Stored items

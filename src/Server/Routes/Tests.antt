-- ===== src/Server/Routes/Tests.antt =====
-- A server with a calendar store and a manager: a callback, a page and a wrong method.
use busybar_bridge.Prelude.{◌≡◌, refl, true, [], ◌∷◌, Option, none, some}
use busybar_bridge.Prelude.Int.{ℤ, pos}
use busybar_bridge.Prelude.Result.{Result, ok}
use busybar_bridge.Prelude.Text.{Text, codes}
use busybar_bridge.Calendar.Store.{CalendarBinding, Disk, Calls}
use busybar_bridge.Server.Http.{Request, Reply}
use busybar_bridge.Server.Oauth.{handle_callback}
use busybar_bridge.Server.Probes.{handle_healthz}
use busybar_bridge.Server.Page.{PageWorld, StatusData, handle_status}
use busybar_bridge.Server.Routes.{LiveServer, Manager, route_of, serve, serve_all}
use busybar_bridge.Server.Routes.Guarded.{IsGuarded, serve-IsGuarded}
use busybar_bridge.Server.Setup.{
  default_config, new_server, with_calendar_store, with_calendar_manager, with_oauth_configured,
}

abbrev eve : CalendarBinding
eve = record {
  email = codes "eve";
  access_token = codes "t1";
  refresh_token = codes "t2";
  token_expiry_unix = pos 9;
  calendar_id = codes "work";
  linked_at_unix = pos 7;
}

exchange_code : Text → Result Text CalendarBinding
exchange_code code = ok eve

manager : Manager
manager = record {
  generated = ok (codes "https://a", codes "x");
  exchange_code = exchange_code;
  says_configured = true;
}

server : LiveServer
server = new_server default_config none (
    with_calendar_store (some (record { path = codes "/d/b"; binding = none }))
    ∷ with_calendar_manager (some manager)
    ∷ with_oauth_configured true
    ∷ [])

no_text : ℤ → Text
no_text t = []

encode : StatusData → Text
encode d = codes "{}"

world : PageWorld
world = record {
  uptime = pos 0;
  now = pos 0;
  accept = codes "text/html, application/json";
  format_time = no_text;
  date_line = no_text;
  time_line = no_text;
  encode = encode;
  execute = none;
}

marshal : CalendarBinding → Option CalendarBinding
marshal b = some b

dir : Text → Text
dir path = codes "/d"

same : Text → Text
same t = t

abbrev all_succeed : Calls CalendarBinding
all_succeed = record {
  mkdir = true;
  create = true;
  created = eve;
  torn = none;
  sync = true;
  close = true;
  chmod = true;
  rename = true;
  remove = true;
}

abbrev no_file : Disk CalendarBinding
no_file = record { file = none; temp = none }

abbrev callback : Request
callback = record {
  method = codes "GET";
  query = (codes "state", codes "x") ∷ (codes "code", codes "y") ∷ [];
  oauth_state = some (codes "x");
}

abbrev posted : Request
posted = record { method = codes "POST"; query = []; oauth_state = none }

abbrev got : Request
got = record { method = codes "GET"; query = []; oauth_state = none }

abbrev callback_path : Text
callback_path = codes "/oauth/google/callback"

serve-IsGuarded_example :
    IsGuarded marshal dir same world all_succeed server no_file callback_path callback
      (serve marshal dir same world all_succeed server no_file callback_path callback)
serve-IsGuarded_example =
    serve-IsGuarded marshal dir same world all_succeed server no_file callback_path callback

-- The page as JSON, a wrong method, an unknown path; then a callback, and a second one.
file-run :
    (serve_all marshal dir same world server no_file (
      (codes "/status", got, all_succeed)
      ∷ (codes "/ready", posted, all_succeed)
      ∷ (callback_path, callback, all_succeed)
      ∷ (callback_path, callback, all_succeed)
      ∷ [])).1.file
    ≡ some eve
unfolding serve_all server new_server world marshal dir exchange_code manager encode no_text
    route_of handle_callback
file-run = refl

status_of : Option Reply → Option Text
status_of none = none
status_of (some r) = some r.body

json-run :
    status_of (serve marshal dir same world all_succeed server no_file (codes "/") got).reply
    ≡ some (codes "{}")
unfolding serve server new_server world encode no_text status_of route_of handle_status
json-run = refl

posted-run :
    status_of
      (serve marshal dir same world all_succeed server no_file (codes "/healthz") posted).reply
    ≡ some (codes "Method Not Allowed")
unfolding serve server new_server status_of route_of handle_healthz
posted-run = refl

WHAT THE TASK ASKS: Return all of the entries exactly as written.

OUTPUT:
filename src/Server/Routes/Tests.antt
-- ===== src/Server/Routes/Tests.antt =====
-- A server with a calendar store and a manager: a callback, a page and a wrong method.
use busybar_bridge.Prelude.{◌≡◌, refl, true, [], ◌∷◌, Option, none, some}
use busybar_bridge.Prelude.Int.{ℤ, pos}
use busybar_bridge.Prelude.Result.{Result, ok}
use busybar_bridge.Prelude.Text.{Text, codes}
use busybar_bridge.Calendar.Store.{CalendarBinding, Disk, Calls}
use busybar_bridge.Server.Http.{Request, Reply}
use busybar_bridge.Server.Oauth.{handle_callback}
use busybar_bridge.Server.Probes.{handle_healthz}
use busybar_bridge.Server.Page.{PageWorld, StatusData, handle_status}
use busybar_bridge.Server.Routes.{LiveServer, Manager, route_of, serve, serve_all}
use busybar_bridge.Server.Routes.Guarded.{IsGuarded, serve-IsGuarded}
use busybar_bridge.Server.Setup.{
  default_config, new_server, with_calendar_store, with_calendar_manager, with_oauth_configured,
}

abbrev eve : CalendarBinding
eve = record {
  email = codes "eve";
  access_token = codes "t1";
  refresh_token = codes "t2";
  token_expiry_unix = pos 9;
  calendar_id = codes "work";
  linked_at_unix = pos 7;
}

exchange_code : Text → Result Text CalendarBinding
exchange_code code = ok eve

manager : Manager
manager = record {
  generated = ok (codes "https://a", codes "x");
  exchange_code = exchange_code;
  says_configured = true;
}

server : LiveServer
server = new_server default_config none (
    with_calendar_store (some (record { path = codes "/d/b"; binding = none }))
    ∷ with_calendar_manager (some manager)
    ∷ with_oauth_configured true
    ∷ [])

no_text : ℤ → Text
no_text t = []

encode : StatusData → Text
encode d = codes "{}"

world : PageWorld
world = record {
  uptime = pos 0;
  now = pos 0;
  accept = codes "text/html, application/json";
  format_time = no_text;
  date_line = no_text;
  time_line = no_text;
  encode = encode;
  execute = none;
}

marshal : CalendarBinding → Option CalendarBinding
marshal b = some b

dir : Text → Text
dir path = codes "/d"

same : Text → Text
same t = t

abbrev all_succeed : Calls CalendarBinding
all_succeed = record {
  mkdir = true;
  create = true;
  created = eve;
  torn = none;
  sync = true;
  close = true;
  chmod = true;
  rename = true;
  remove = true;
}

abbrev no_file : Disk CalendarBinding
no_file = record { file = none; temp = none }

abbrev callback : Request
callback = record {
  method = codes "GET";
  query = (codes "state", codes "x") ∷ (codes "code", codes "y") ∷ [];
  oauth_state = some (codes "x");
}

abbrev posted : Request
posted = record { method = codes "POST"; query = []; oauth_state = none }

abbrev got : Request
got = record { method = codes "GET"; query = []; oauth_state = none }

abbrev callback_path : Text
callback_path = codes "/oauth/google/callback"

serve-IsGuarded_example :
    IsGuarded marshal dir same world all_succeed server no_file callback_path callback
      (serve marshal dir same world all_succeed server no_file callback_path callback)
serve-IsGuarded_example =
    serve-IsGuarded marshal dir same world all_succeed server no_file callback_path callback

-- The page as JSON, a wrong method, an unknown path; then a callback, and a second one.
file-run :
    (serve_all marshal dir same world server no_file (
      (codes "/status", got, all_succeed)
      ∷ (codes "/ready", posted, all_succeed)
      ∷ (callback_path, callback, all_succeed)
      ∷ (callback_path, callback, all_succeed)
      ∷ [])).1.file
    ≡ some eve
unfolding serve_all server new_server world marshal dir exchange_code manager encode no_text
    route_of handle_callback
file-run = refl

status_of : Option Reply → Option Text
status_of none = none
status_of (some r) = some r.body

json-run :
    status_of (serve marshal dir same world all_succeed server no_file (codes "/") got).reply
    ≡ some (codes "{}")
unfolding serve server new_server world encode no_text status_of route_of handle_status
json-run = refl

posted-run :
    status_of
      (serve marshal dir same world all_succeed server no_file (codes "/healthz") posted).reply
    ≡ some (codes "Method Not Allowed")
unfolding serve server new_server status_of route_of handle_healthz
posted-run = refl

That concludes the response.